Second, why stop at high school?  Certainly children in elementary school play sports, and they are as prone to injury as anybody.  More so, perhaps, since their motor skills are not as well-developed, and what could be an easily avoided accident for an older kid leads to injury for a younger child.  Why shouldn't this be applied to all children?

This will kill many sports programs in poor school districts and likely in the lion's share of private or parochial schools.  Would a struggling Catholic school spend money needed for actually educating students on sports insurance?  It will become a choice between teaching and athletics for many schools.

Of course, such would suit the educational commissars just fine.  There has been an increasing effort by the Progressives to straitjacket young children.  Sports are one outlet they have targeted, with an increasingly regimented and organized approach to what were once thought of as children's games.  Michelle Obama may say "Let's Move!," but she wants all movement under her watchful eye.  Gone are the days of sandlot football, of a bunch of kids getting together for a stickball game or a spontaneous game of field hockey.  Children now devote much of their time to thumb exercises as computers replace the athletic field.  When children are allowed to play, they are wrapped up like mummies lest they get a bruise.

All this teaches a lesson to the children: private, individual action is dangerous and should be avoided.  Life must be lived within the guardrails, carefully planned and safeguarded by society.

Even more distressing to the left is that sports started as a means of training for soldiers.  That is why football is so appealing to America; it is a he-man sport, a vestige of the old America, where an association of free men stand together in battle.  Yes, team effort is required, but there is also plenty of room for heroics, and the individual may make a huge difference.

But at football's core is a physicality bordering on violence, and to the left, that is anathema -- an atavistic impulse that must be squeezed out of our children.

So instead of a healthy game of tackle football at recess, liberals substitute Ritalin and maybe a good  heated game of tag.

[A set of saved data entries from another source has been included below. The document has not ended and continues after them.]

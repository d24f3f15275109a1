-- ===== src/Usi/TimeController/Stops.antt =====
-- When AdaptiveTimeController::Update stops a search: not before its time, by its time, for good.
use jhbr.Base.{
  ◌≡◌, refl, sym, ◌∙◌, ◌⊎◌, inl, inr, Bool, true, false, not, ◌&&◌, ◌||◌, false≢true, Bool-cases,
  arith, ℤ, pos, negsuc, ltℤ, ◌+ℤ◌, ◌-ℤ◌, ◌≤ℤ◌, quot, ltℤ-cases, not_ltℤ→le, +ℤ_parts, -ℤ_parts,
}
use jhbr.Usi.Floats.{Floats}
use jhbr.Usi.TimeManager.{TimeBudget}
use jhbr.Usi.TimeController.{
  TimeStopReason, proven, same_ℤ, TimeController, Snapshot, project_remaining, stable_and_dominant,
  stable_required, stopped, track_best, extending, extend_to, open_extension, extension_goal,
  q_inversion, recent_change, visit_pressure, at_target, past_early, unproven, judge,
}

middle_false : (x y z : Bool) → (x && (not y && z)) ≡ true → y ≡ false
middle_false x y z h = ground (arith, h)

half-le : (t l : ℤ) → t ≤ℤ l → t +ℤ quot (l -ℤ t) 2 ≤ℤ l
unfolding quot
half-le t l h =
    omega (
      arith,
      half (l -ℤ t) (omega (arith, -ℤ_parts l t)),
      -ℤ_parts l t,
      +ℤ_parts t (quot (l -ℤ t) 2),
    )
  where
    half : (a : ℤ) → pos 0 ≤ℤ a → quot a 2 ≤ℤ a
    half (pos n) p = ground arith
    half (negsuc n) p = absurd (omega arith)

module _ (f d : Floats) (b : TimeBudget f.Value) where
  -- A controller of the budget, whose extension ends by the latest search time.
  pub record Fits (c : TimeController f d) : Type 0 where
    pub budget : c.budget ≡ b
    pub extension : c.extension_deadline_ms ≤ℤ b.latest_search_ms

  -- What one judgement of a snapshot decides.
  pub record Judged (s : Snapshot f d) (c : TimeController f d) : Type 0 where
    pub fits : Fits c
    pub by_latest : b.latest_search_ms ≤ℤ s.elapsed_ms → c.decision.should_stop ≡ true
    pub from_earliest :
        c.decision.should_stop ≡ true
        → (c.decision.reason ≡ proven) ⊎ (b.earliest_stop_ms ≤ℤ s.elapsed_ms)

  module _ (s : Snapshot f d) where
    stopped-Judged :
        (reason : TimeStopReason) (at : ℤ) (c : TimeController f d)
        → Fits c
        → (reason ≡ proven) ⊎ (b.earliest_stop_ms ≤ℤ s.elapsed_ms)
        → Judged s (stopped f d reason at c)
    stopped-Judged reason at c k why = record {
      fits = record { budget = k.budget; extension = k.extension };
      by_latest = λ l. refl;
      from_earliest = λ e. why;
    }

    running-Judged :
        (c : TimeController f d)
        → Fits c
        → c.decision.should_stop ≡ false
        → ¬ (b.latest_search_ms ≤ℤ s.elapsed_ms)
        → Judged s c
    running-Judged c k runs early = record {
      fits = k;
      by_latest = λ l. absurd (early l);
      from_earliest = λ e. absurd (false≢true (sym runs ∙ e));
    }

    dominant-Fits :
        (at required : ℤ) (c : TimeController f d)
        → Fits c
        → Fits (stable_and_dominant f d s at required c).1
    unfolding stable_and_dominant project_remaining
    dominant-Fits at required c k = record { budget = k.budget; extension = k.extension }

    reached :
        (c : TimeController f d)
        → Fits c
        → ltℤ s.elapsed_ms c.budget.earliest_stop_ms ≡ false
        → b.earliest_stop_ms ≤ℤ s.elapsed_ms
    reached c k e = not_ltℤ→le s.elapsed_ms b.earliest_stop_ms (simp k.budget at e)

    dominant-runs :
        (at required : ℤ) (c : TimeController f d)
        → (stable_and_dominant f d s at required c).1.decision.should_stop ≡ c.decision.should_stop
    unfolding stable_and_dominant project_remaining
    dominant-runs at required c = refl

    extending-Judged :
        (c : TimeController f d)
        → Fits c
        → c.decision.should_stop ≡ false
        → b.earliest_stop_ms ≤ℤ s.elapsed_ms
        → Judged s (extending f d s c)
    unfolding extending
    extending-Judged c k runs from =
        let dominant =
          stable_and_dominant f d s c.extension_deadline_ms (stable_required f d c) c in
        let fits = dominant-Fits c.extension_deadline_ms (stable_required f d c) c k in
        let still = dominant-runs c.extension_deadline_ms (stable_required f d c) c ∙ runs in
        elim (ltℤ-cases s.elapsed_ms c.extension_deadline_ms) [
          | inl (e, l) ↦ simp e (elim (Bool-cases dominant.0) [
            | inl g ↦ simp g (stopped-Judged _ _ dominant.1 fits (inr from))
            | inr g ↦
                simp g (running-Judged dominant.1 fits still (λ h. omega (arith, k.extension)))
          ])
          | inr (e, l) ↦ simp e (stopped-Judged _ _ c k (inr from))
        ]

    module _ (order : b.earliest_stop_ms ≤ℤ b.target_stop_ms)
        (later : b.target_stop_ms ≤ℤ b.latest_search_ms) where
      extension_goal-le :
          (c : TimeController f d) → Fits c → extension_goal f d s c ≤ℤ b.latest_search_ms
      unfolding extension_goal
      extension_goal-le c k = elim (Bool-cases (q_inversion f d s || recent_change f d c)) [
        | inl e ↦ simp e (simp k.budget (omega arith))
        | inr e ↦ simp e (simp k.budget (half-le b.target_stop_ms b.latest_search_ms later))
      ]

      open_extension-Judged :
          (c : TimeController f d)
          → Fits c
          → c.decision.should_stop ≡ false
          → b.earliest_stop_ms ≤ℤ s.elapsed_ms
          → Judged s (open_extension f d s c)
      unfolding open_extension project_remaining extend_to
      open_extension-Judged c k runs from =
          let (projected, c') = project_remaining f d s c.budget.latest_search_ms c in
          let fits : Fits c' = record { budget = k.budget; extension = k.extension } in
          let opened : Fits (extend_to f d (extension_goal f d s c') c') = record {
            budget = k.budget;
            extension = extension_goal-le c' fits;
          } in
          elim (Bool-cases (
            not (q_inversion f d s)
            && (not (recent_change f d c') && not (visit_pressure f d s projected)))) [
              | inl e ↦ simp e (stopped-Judged _ _ c' fits (inr from))
              | inr e ↦
                  simp e
                    (extending-Judged (extend_to f d (extension_goal f d s c') c') opened runs from)
            ]

      at_target-Judged :
          (c : TimeController f d)
          → Fits c
          → c.decision.should_stop ≡ false
          → b.target_stop_ms ≤ℤ s.elapsed_ms
          → Judged s (at_target f d s c)
      unfolding at_target
      at_target-Judged c k runs from =
          let start : b.earliest_stop_ms ≤ℤ s.elapsed_ms = omega arith in
          elim (Bool-cases (
            not c.budget.allow_extension
            || not (ltℤ c.budget.target_stop_ms c.budget.latest_search_ms))) [
              | inl e ↦ simp e (stopped-Judged _ _ c k (inr start))
              | inr e ↦ simp e (elim (Bool-cases (same_ℤ c.extension_deadline_ms (pos 0))) [
                | inl g ↦ simp g (open_extension-Judged c k runs start)
                | inr g ↦ simp g (extending-Judged c k runs start)
              ])
            ]

      past_early-Judged :
          (c : TimeController f d)
          → Fits c
          → c.decision.should_stop ≡ false
          → Judged s (past_early f d s c)
      unfolding past_early
      past_early-Judged c k runs = simp k.budget (elim (ltℤ-cases s.elapsed_ms b.target_stop_ms) [
        | inl (e, l) ↦ simp e (running-Judged c k runs (λ h. omega arith))
        | inr (e, l) ↦ simp e (at_target-Judged c k runs l)
      ])

      unproven-Judged :
          (c : TimeController f d)
          → Fits c
          → c.decision.should_stop ≡ false
          → Judged s (unproven f d s c)
      unfolding unproven
      unproven-Judged c k runs =
          let dominant =
            stable_and_dominant f d s c.budget.target_stop_ms (stable_required f d c) c in
          let fits = dominant-Fits c.budget.target_stop_ms (stable_required f d c) c k in
          let still = dominant-runs c.budget.target_stop_ms (stable_required f d c) c ∙ runs in
          let early =
            c.budget.allow_early_stop
            && (not (ltℤ s.elapsed_ms c.budget.earliest_stop_ms)
                && ltℤ s.elapsed_ms c.budget.target_stop_ms) in
          elim (Bool-cases early) [
            | inl e ↦ simp e (elim (Bool-cases dominant.0) [
              | inl g ↦
                  simp g
                    (stopped-Judged _ _ dominant.1 fits (inr (reached c k (middle_false _ _ _ e))))
              | inr g ↦ simp g (past_early-Judged dominant.1 fits still)
            ])
            | inr e ↦ simp e (past_early-Judged c k runs)
          ]

      pub judge-Judged :
          (c : TimeController f d)
          → Fits c
          → c.decision.should_stop ≡ false
          → Judged s (judge f d s c)
      unfolding judge
      judge-Judged c k runs = elim (Bool-cases s.best_proven) [
        | inl e ↦ simp e (stopped-Judged proven s.elapsed_ms c k (inl refl))
        | inr e ↦ simp e (unproven-Judged c k runs)
      ]

      pub track_best-Fits : (c : TimeController f d) → Fits c → Fits (track_best f d s c)
      unfolding track_best
      track_best-Fits c k = elim (Bool-cases (same_ℤ s.best_index c.last_best_index)) [
        | inl e ↦ simp e (record { budget = k.budget; extension = k.extension })
        | inr e ↦ simp e (record { budget = k.budget; extension = k.extension })
      ]

      pub track_best-runs :
          (c : TimeController f d)
          → (track_best f d s c).decision.should_stop ≡ c.decision.should_stop
      unfolding track_best
      track_best-runs c = elim (Bool-cases (same_ℤ s.best_index c.last_best_index)) [
        | inl e ↦ simp e
        | inr e ↦ simp e
      ]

Consider the war against dodgeball.  Progressives fret that it is traumatizing children and have been systematically banning the game.  Why?  Nobody ever gets hurt from dodgeball, but Progressive educators still want it gone.  That is because of the actual acts performed in the game: one physically tries to hit another.  The goal of the left has been to make physical aggression taboo; thus, dodgeball, which teaches children to be physically aggressive, must go.

So the campaign is on to pacify sports.  Requiring insurance for dangerous sports will make those sports too costly to allow students to engage in them, and "violent" pastimes like dodgeball must have no place in schools.  Further, young children are to be given trophies for participation rather than achievement, to make actual accomplishment meaningless.

As David Guthrie from the National Alliance of Youth Sports points out:

The primary argument I have heard over the years is that every kid needs to be recognized for what they have achieved. That's fine if the child actually did achieve something. But why should simply "making it" through a season be considered achieving something? Looking at it that way tends to strongly imply, that a child playing a sport for a whole season has experienced a personal triumph in endurance. Isn't participating in sports supposed to teach so much more than that?

No, at least not from the Progressive perspective.  Sports are about so much less.  They are about  teaching children that they cannot accomplish things on their own.  If some do well and are honored for their success, then the game is failing at its primary task.

In the end, liberals want a world under their control -- one where impulses are channeled in the direction they choose, not where nature or free will directs.  Sports are an expression of values, and those values must comport with the utopian vision of the left.  There can be nothing outside the collective.